• **Task item**
From the entries that follow, list every line in which the string "query" appears.

• **Dataset**
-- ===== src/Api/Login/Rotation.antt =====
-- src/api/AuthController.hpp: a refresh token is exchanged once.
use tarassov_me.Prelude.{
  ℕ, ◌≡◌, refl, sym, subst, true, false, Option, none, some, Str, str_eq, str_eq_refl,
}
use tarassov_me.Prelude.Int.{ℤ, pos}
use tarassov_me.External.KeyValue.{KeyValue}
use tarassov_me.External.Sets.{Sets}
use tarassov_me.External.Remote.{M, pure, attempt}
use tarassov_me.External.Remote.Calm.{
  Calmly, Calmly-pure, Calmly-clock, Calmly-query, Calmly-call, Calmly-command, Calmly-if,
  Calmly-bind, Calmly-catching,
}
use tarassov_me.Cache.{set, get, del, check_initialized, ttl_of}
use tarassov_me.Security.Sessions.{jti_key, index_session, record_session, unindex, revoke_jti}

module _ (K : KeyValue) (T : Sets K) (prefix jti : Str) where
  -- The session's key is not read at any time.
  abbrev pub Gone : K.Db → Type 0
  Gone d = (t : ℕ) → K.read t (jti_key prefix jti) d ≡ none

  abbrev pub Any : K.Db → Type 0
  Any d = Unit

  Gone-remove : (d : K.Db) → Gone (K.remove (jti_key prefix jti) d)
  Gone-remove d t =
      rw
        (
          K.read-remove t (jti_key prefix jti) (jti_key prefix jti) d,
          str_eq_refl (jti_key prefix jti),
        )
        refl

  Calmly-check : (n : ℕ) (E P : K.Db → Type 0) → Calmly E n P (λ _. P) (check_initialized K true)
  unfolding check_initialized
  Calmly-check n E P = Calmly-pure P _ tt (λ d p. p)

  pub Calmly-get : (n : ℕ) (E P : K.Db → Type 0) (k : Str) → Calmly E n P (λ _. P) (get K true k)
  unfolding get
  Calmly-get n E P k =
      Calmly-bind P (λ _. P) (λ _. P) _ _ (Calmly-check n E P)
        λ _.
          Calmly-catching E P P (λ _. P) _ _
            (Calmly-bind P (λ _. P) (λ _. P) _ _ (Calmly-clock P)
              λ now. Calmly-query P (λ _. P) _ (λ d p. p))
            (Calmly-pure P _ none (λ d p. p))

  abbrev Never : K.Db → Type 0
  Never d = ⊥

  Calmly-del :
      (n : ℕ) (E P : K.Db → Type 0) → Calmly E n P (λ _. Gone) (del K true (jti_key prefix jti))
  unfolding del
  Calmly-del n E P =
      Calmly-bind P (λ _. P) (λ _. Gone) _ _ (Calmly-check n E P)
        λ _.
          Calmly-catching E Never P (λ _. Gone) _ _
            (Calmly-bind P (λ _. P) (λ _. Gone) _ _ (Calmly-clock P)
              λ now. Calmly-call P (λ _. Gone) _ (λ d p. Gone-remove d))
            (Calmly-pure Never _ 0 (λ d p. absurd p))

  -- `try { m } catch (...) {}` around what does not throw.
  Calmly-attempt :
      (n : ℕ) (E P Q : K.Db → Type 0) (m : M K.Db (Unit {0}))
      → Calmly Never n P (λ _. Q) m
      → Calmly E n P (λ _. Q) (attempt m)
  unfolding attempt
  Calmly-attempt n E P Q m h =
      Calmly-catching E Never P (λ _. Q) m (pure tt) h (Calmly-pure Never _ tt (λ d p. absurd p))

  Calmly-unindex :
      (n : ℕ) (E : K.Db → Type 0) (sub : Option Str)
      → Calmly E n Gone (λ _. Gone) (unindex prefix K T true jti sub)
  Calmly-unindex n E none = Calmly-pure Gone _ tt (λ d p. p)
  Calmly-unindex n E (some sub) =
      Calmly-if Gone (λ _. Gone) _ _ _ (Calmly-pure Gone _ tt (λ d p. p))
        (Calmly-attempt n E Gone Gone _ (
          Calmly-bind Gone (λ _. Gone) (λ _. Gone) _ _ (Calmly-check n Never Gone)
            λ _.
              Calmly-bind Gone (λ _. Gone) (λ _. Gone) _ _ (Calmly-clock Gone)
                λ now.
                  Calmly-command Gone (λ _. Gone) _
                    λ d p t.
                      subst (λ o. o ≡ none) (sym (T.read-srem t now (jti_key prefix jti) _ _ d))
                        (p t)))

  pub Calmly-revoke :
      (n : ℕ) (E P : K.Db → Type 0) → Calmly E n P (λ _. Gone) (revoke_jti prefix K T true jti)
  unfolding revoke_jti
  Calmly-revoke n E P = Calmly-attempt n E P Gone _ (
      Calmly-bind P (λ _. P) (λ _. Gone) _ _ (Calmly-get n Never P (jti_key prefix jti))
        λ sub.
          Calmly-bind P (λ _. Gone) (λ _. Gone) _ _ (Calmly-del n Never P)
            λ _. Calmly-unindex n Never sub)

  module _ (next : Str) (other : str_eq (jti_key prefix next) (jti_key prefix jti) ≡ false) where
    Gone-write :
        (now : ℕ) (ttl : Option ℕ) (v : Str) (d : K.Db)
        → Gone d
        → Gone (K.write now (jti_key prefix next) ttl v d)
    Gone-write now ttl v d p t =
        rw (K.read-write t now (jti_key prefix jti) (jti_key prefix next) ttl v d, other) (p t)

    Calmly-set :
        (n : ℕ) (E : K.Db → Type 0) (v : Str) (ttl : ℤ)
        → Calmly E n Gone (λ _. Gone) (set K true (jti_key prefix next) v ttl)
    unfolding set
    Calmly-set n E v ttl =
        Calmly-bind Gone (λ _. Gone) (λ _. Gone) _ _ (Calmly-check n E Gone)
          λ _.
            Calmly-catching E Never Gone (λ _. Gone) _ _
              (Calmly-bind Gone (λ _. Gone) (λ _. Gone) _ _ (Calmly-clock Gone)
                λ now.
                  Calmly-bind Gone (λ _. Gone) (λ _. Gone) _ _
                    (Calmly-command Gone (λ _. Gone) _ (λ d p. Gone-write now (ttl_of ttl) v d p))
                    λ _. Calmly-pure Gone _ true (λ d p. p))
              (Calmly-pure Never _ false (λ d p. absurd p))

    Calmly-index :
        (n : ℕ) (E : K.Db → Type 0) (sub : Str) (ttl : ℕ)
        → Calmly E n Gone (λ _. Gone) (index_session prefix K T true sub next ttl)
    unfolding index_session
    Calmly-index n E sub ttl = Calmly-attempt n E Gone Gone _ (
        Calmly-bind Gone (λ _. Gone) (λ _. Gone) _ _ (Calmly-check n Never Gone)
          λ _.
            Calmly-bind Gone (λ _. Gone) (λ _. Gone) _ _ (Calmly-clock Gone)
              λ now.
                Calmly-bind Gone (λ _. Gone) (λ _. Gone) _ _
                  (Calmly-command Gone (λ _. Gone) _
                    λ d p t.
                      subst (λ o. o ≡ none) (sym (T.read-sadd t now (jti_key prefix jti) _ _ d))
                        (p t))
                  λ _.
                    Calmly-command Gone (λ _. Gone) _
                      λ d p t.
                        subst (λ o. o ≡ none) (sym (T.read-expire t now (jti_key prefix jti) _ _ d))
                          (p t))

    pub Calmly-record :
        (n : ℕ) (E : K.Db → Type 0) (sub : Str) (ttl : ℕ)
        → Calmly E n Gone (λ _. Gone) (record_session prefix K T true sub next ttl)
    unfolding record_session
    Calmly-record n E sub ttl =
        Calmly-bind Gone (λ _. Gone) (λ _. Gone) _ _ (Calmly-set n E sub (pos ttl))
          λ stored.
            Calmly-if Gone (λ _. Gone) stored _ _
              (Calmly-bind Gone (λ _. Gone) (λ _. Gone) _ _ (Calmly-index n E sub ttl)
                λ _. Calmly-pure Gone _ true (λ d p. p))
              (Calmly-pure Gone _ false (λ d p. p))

• **Written response**
  Calmly, Calmly-pure, Calmly-clock, Calmly-query, Calmly-call, Calmly-command, Calmly-if,
              λ now. Calmly-query P (λ _. P) _ (λ d p. p))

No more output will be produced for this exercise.